Cegah Pernikahan Anak, Penyuluh KUA Lumbir Beri Edukasi di MT Al Holidiyah

Oleh KUA Lumbir
SHARE

Banyumas – Upaya pencegahan pernikahan anak terus digencarkan melalui pendekatan edukatif di tengah masyarakat. Penyuluh KUA Lumbir, Umi Rofikoh, memberikan bimbingan penyuluhan di Majelis Taklim Al Holidiyah, Sawangan, Desa Besuki dengan mengangkat tema pentingnya mencegah pernikahan anak. Jumat (26/06)

Dalam penyampaiannya, Umi Rofikoh menegaskan bahwa pernikahan anak memiliki berbagai dampak negatif, baik dari sisi kesehatan, pendidikan, maupun kesiapan mental pasangan. Ia menjelaskan bahwa usia yang belum matang sering kali berujung pada berbagai permasalahan rumah tangga, termasuk risiko perceraian dan kurang optimalnya pengasuhan anak.

Selain itu, ia juga menyoroti pentingnya peran orang tua dalam memberikan pemahaman kepada anak mengenai kesiapan menikah, serta pentingnya pendidikan sebagai bekal masa depan.

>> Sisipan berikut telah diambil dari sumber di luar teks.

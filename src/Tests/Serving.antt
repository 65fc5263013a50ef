-- ===== src/Tests/Serving.antt =====
-- The capture helper and its clients at concrete inputs.
use driver_uu_remote.Base.{
  ℕ, zero, suc, ◌*◌, ◌^◌, length, All, ◌≡◌, refl, ap, true, false, Bool, List, [], ◌∷◌, ◌++◌, none,
  some, take, replicate, get_or, arith,
}
use driver_uu_remote.Transport.{Conn, moved, send_all, socket_send_all, socket_recv_all}
use driver_uu_remote.Wire.{le_bytes, read_le}
use driver_uu_remote.Transport.Total.{Moves}
use driver_uu_remote.Transport.Supply.{Supplied}
use driver_uu_remote.Capture.Protocol.{CaptureInputEvent}
use driver_uu_remote.Capture.Helper.Keys.{Key}
use driver_uu_remote.Capture.Helper.Uinput.{send_mouse_uinput, send_keyboard_uinput}
use driver_uu_remote.Capture.Helper.Eis.{Capability, Eis, refused}
use driver_uu_remote.Capture.Helper.Eis.Laws.{Holds, IsSound}
use driver_uu_remote.Capture.Helper.Bridge.{Bridge, BridgeWorld, send_events, send}
use driver_uu_remote.Capture.Helper.Bridge.Laws.{
  all_device_events, send_events-all_device_events, send-IsSound,
}
use driver_uu_remote.Capture.Helper.Frames.{FrameState, Screenshot, capture_kwin_workspace}
use driver_uu_remote.Capture.Helper.Frames.Laws.{IsFrame, capture_kwin_workspace-IsFrame}
use driver_uu_remote.Capture.Helper.Server.{Server, ClientRound, handle_client, serve_frame}
use driver_uu_remote.Capture.Helper.Server.Laws.{refusal, handle_client-refusal}
use driver_uu_remote.Capture.Input.{present}
use driver_uu_remote.Capture.Messages.{capture_reply_bytes, request_bytes, read_capture_reply}
use driver_uu_remote.Capture.Frames.{Frame, HookWorld, request_frame}
use driver_uu_remote.Capture.Bitblt.{Blit, Gdi, stretched, capture_bitblt, capture_bitblt-InBuffer}
use driver_uu_remote.Capture.Frames.Laws.{served_reply, request_frame-serve_frame}

abbrev any_capability : ℕ → Capability → Bool
any_capability device capability = true

abbrev any_region : ℕ → Bool
any_region device = true

abbrev one_code : Key → ℕ
one_code key = 30

abbrev idle_eis : Eis
idle_eis = record {
  context = false;
  pointer_device = none;
  absolute_device = none;
  button_device = none;
  scroll_device = none;
  keyboard_device = none;
  retry_after = 0;
  rounds = [];
  calls = [];
}

abbrev open_bridge : Bridge
open_bridge = record {
  eis = idle_eis;
  uinput = record { answers = replicate 20 true; taken = [] };
  keyboard_open = true;
  mouse_open = true;
}

abbrev quiet_world : BridgeWorld
quiet_world = record {
  now = 10;
  later = 10;
  setup = refused;
  keyboard_created = false;
  mouse_created = false;
}

-- The left button goes down, and a key by its scan code.
abbrev two_events : List CaptureInputEvent
two_events =
    record { type = 0; dx = 3; dy = 4; mouse_data = 0; flags = 3; virtual_key = 0; scan_code = 0 }
    ∷ record {
      type = 1;
      dx = 0;
      dy = 0;
      mouse_data = 0;
      flags = 8;
      virtual_key = 0;
      scan_code = 30;
    }
    ∷ []

both_accepted :
    (send_events any_capability any_region one_code 256 false two_events open_bridge).0 ≡ 2
unfolding send_events send_mouse_uinput send_keyboard_uinput
both_accepted = refl

send_events-all_device_events_example :
    (send_events any_capability any_region one_code 256 false two_events open_bridge).1.uinput.taken
    ≡ [] ++ all_device_events any_capability any_region one_code 256 two_events
send_events-all_device_events_example =
    send_events-all_device_events any_capability any_region one_code 256 (omega arith) two_events
      open_bridge both_accepted

idle-IsSound : IsSound any_capability idle_eis
unfolding Holds
idle-IsSound = record {
  slots = record {
    pointer_slot = tt;
    absolute_slot = tt;
    button_slot = tt;
    scroll_slot = tt;
    keyboard_slot = tt;
  };
  closed = λ e. (refl, refl, refl, refl, refl);
  valid = tt;
}

send-IsSound_example :
    IsSound any_capability
      (send any_capability any_region one_code 256 quiet_world two_events open_bridge).1.eis
send-IsSound_example =
    send-IsSound any_capability any_region one_code 256 quiet_world two_events open_bridge
      idle-IsSound

abbrev no_frame : FrameState
no_frame = record { pixels = []; width = 0; height = 0; generation = 0 }

-- One pixel in a row of eight bytes, of a format whose bytes are exchanged.
abbrev shot : Screenshot
shot = record {
  width = 1;
  height = 1;
  stride = 8;
  format = 17;
  pipe = record {
    incoming = 1 ∷ 2 ∷ 3 ∷ 4 ∷ 0 ∷ 0 ∷ 0 ∷ 0 ∷ [];
    answers = moved 99 ∷ [];
    sent = [];
  };
}

no_frame-IsFrame : IsFrame no_frame
no_frame-IsFrame = record { size = refl; small = omega arith }

capture_kwin_workspace-IsFrame_example : IsFrame (capture_kwin_workspace (some shot) no_frame).1
capture_kwin_workspace-IsFrame_example =
    capture_kwin_workspace-IsFrame shot no_frame (omega arith) no_frame-IsFrame

abbrev token_server : Server
token_server = record {
  required_auth_token = replicate 64 7;
  kwin_capture_on_request = false;
  frame = no_frame;
  bridge = open_bridge;
}

abbrev quiet_round : ClientRound
quiet_round = record { screenshot = none; published = none; input = quiet_world }

-- A request for the token, with a wrong one behind it.
abbrev wrong_token : Conn
wrong_token = record {
  incoming =
      0x55 ∷ 0x43 ∷ 0x50 ∷ 0x31 ∷ 5 ∷ 0 ∷ 0 ∷ 0 ∷ 2 ∷ 0 ∷ 0 ∷ 0 ∷ 64 ∷ 0 ∷ 0 ∷ 0 ∷ replicate 64 8;
  answers = moved 99 ∷ moved 99 ∷ moved 99 ∷ [];
  sent = [];
}

handle_client-refusal_example :
    let after =
      handle_client any_capability any_region one_code 256
        (quiet_round ∷ quiet_round ∷ [])
        wrong_token
        token_server in
    (after.server ≡ token_server) × ((count : ℕ) × (after.conn.sent ≡ [] ++ take count refusal))
handle_client-refusal_example =
    handle_client-refusal any_capability any_region one_code 256 (quiet_round ∷ quiet_round ∷ [])
      wrong_token token_server refl (λ e. eight-seven (ap (λ xs. get_or xs 0 0) e))
  where
    eight-seven : ((◌≡◌ {A = ℕ}) 8 7) → ⊥
    eight-seven h = omega (arith, h)

abbrev one_pixel : FrameState
one_pixel = record { pixels = 9 ∷ 8 ∷ 7 ∷ 255 ∷ []; width = 1; height = 1; generation = 1 }

abbrev peer : Conn
peer = record { incoming = []; answers = moved 99 ∷ moved 99 ∷ []; sent = [] }

abbrev served_bytes : List ℕ
served_bytes =
    0x55 ∷ 0x43 ∷ 0x50 ∷ 0x31 ∷ 2 ∷ 0 ∷ 0 ∷ 0 ∷ 2 ∷ 0 ∷ 0 ∷ 0 ∷ 0 ∷ 0 ∷ 0 ∷ 0 ∷ 1 ∷ 0 ∷ 0 ∷ 0 ∷ 1
    ∷ 0 ∷ 0 ∷ 0 ∷ 4 ∷ 0 ∷ 0 ∷ 0 ∷ 4 ∷ 0 ∷ 0 ∷ 0 ∷ 9 ∷ 8 ∷ 7 ∷ 255 ∷ []

abbrev hook_link : Conn
hook_link = record {
  incoming = served_bytes ++ (5 ∷ []);
  answers = replicate 52 (moved 99);
  sent = [];
}

abbrev hook_world : HookWorld
hook_world = record {
  started = true;
  has_socket = true;
  port = none;
  token = none;
  connect = λ port. none;
}

served : (serve_frame one_pixel peer).0 ≡ true
unfolding serve_frame send_all capture_reply_bytes le_bytes
served = refl

served_all : (serve_frame one_pixel peer).1.sent ≡ [] ++ served_bytes
unfolding serve_frame send_all capture_reply_bytes le_bytes
served_all = refl

replicate-Moves : (n : ℕ) → All Moves (replicate n (moved 99))
unfolding Moves
replicate-Moves zero = tt
replicate-Moves (suc n) = (tt, replicate-Moves n)

supplied : Supplied 52 hook_link
supplied = record { moving = replicate-Moves 52; enough = omega arith }

request_frame-serve_frame_example :
    ((request_frame true hook_world (some hook_link)).0
      ≡ some (served_reply one_pixel, one_pixel.pixels))
    × ((after : Conn) × ((request_frame true hook_world (some hook_link)).1 ≡ some after)
        × (after.incoming ≡ 5 ∷ []))
request_frame-serve_frame_example =
    request_frame-serve_frame one_pixel peer hook_link hook_world served_bytes (5 ∷ [])
      (record { whole = record { size = refl; small = omega arith }; filled = refl }) (omega arith)
      served served_all refl supplied

-- A copy of the screen that asks for its layers.
abbrev screen_blit : Blit
screen_blit = record {
  destination = 1;
  x_destination = 0;
  y_destination = 0;
  width = 1;
  height = 1;
  source = 2;
  x_source = 0;
  y_source = 0;
  operation = 2 ^ 30;
}

abbrev desk : Gdi
desk = record {
  screen_width = 1;
  screen_height = 1;
  original_bitblt = λ b. false;
  stretch = λ b f. 1;
}

abbrev pixel_frame : Frame
pixel_frame = (served_reply one_pixel, one_pixel.pixels)

drawn :
    (capture_bitblt true hook_world desk screen_blit (some hook_link)).0.drawing
    ≡ stretched screen_blit pixel_frame
unfolding capture_bitblt request_frame present socket_send_all request_bytes le_bytes
    socket_recv_all read_capture_reply read_le served_reply
drawn = refl

capture_bitblt-InBuffer_example :
    (screen_blit ≡ screen_blit)
    × (length pixel_frame.1 ≡ pixel_frame.0.width * pixel_frame.0.height * 4)
unfolding served_reply
capture_bitblt-InBuffer_example =
    capture_bitblt-InBuffer true hook_world desk screen_blit screen_blit pixel_frame
      (some hook_link) drawn (omega arith)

Menurutnya, pernikahan seharusnya dilakukan ketika seseorang telah siap secara fisik, mental, dan ekonomi.

“Anak-anak perlu kita lindungi dan arahkan agar tidak terburu-buru menikah. Masa depan mereka masih panjang dan harus dipersiapkan dengan baik,” ujarnya di hadapan jamaah.

Kegiatan ini disambut antusias oleh para peserta majelis taklim yang aktif berdiskusi dan berbagi pengalaman terkait fenomena pernikahan anak di lingkungan sekitar. Suasana hangat dan penuh keakraban turut mewarnai jalannya penyuluhan.

Melalui kegiatan ini, diharapkan masyarakat semakin memahami pentingnya pencegahan pernikahan anak serta mampu menjadi garda terdepan dalam melindungi generasi muda agar tumbuh dan berkembang secara optimal menuju masa depan yang lebih baik.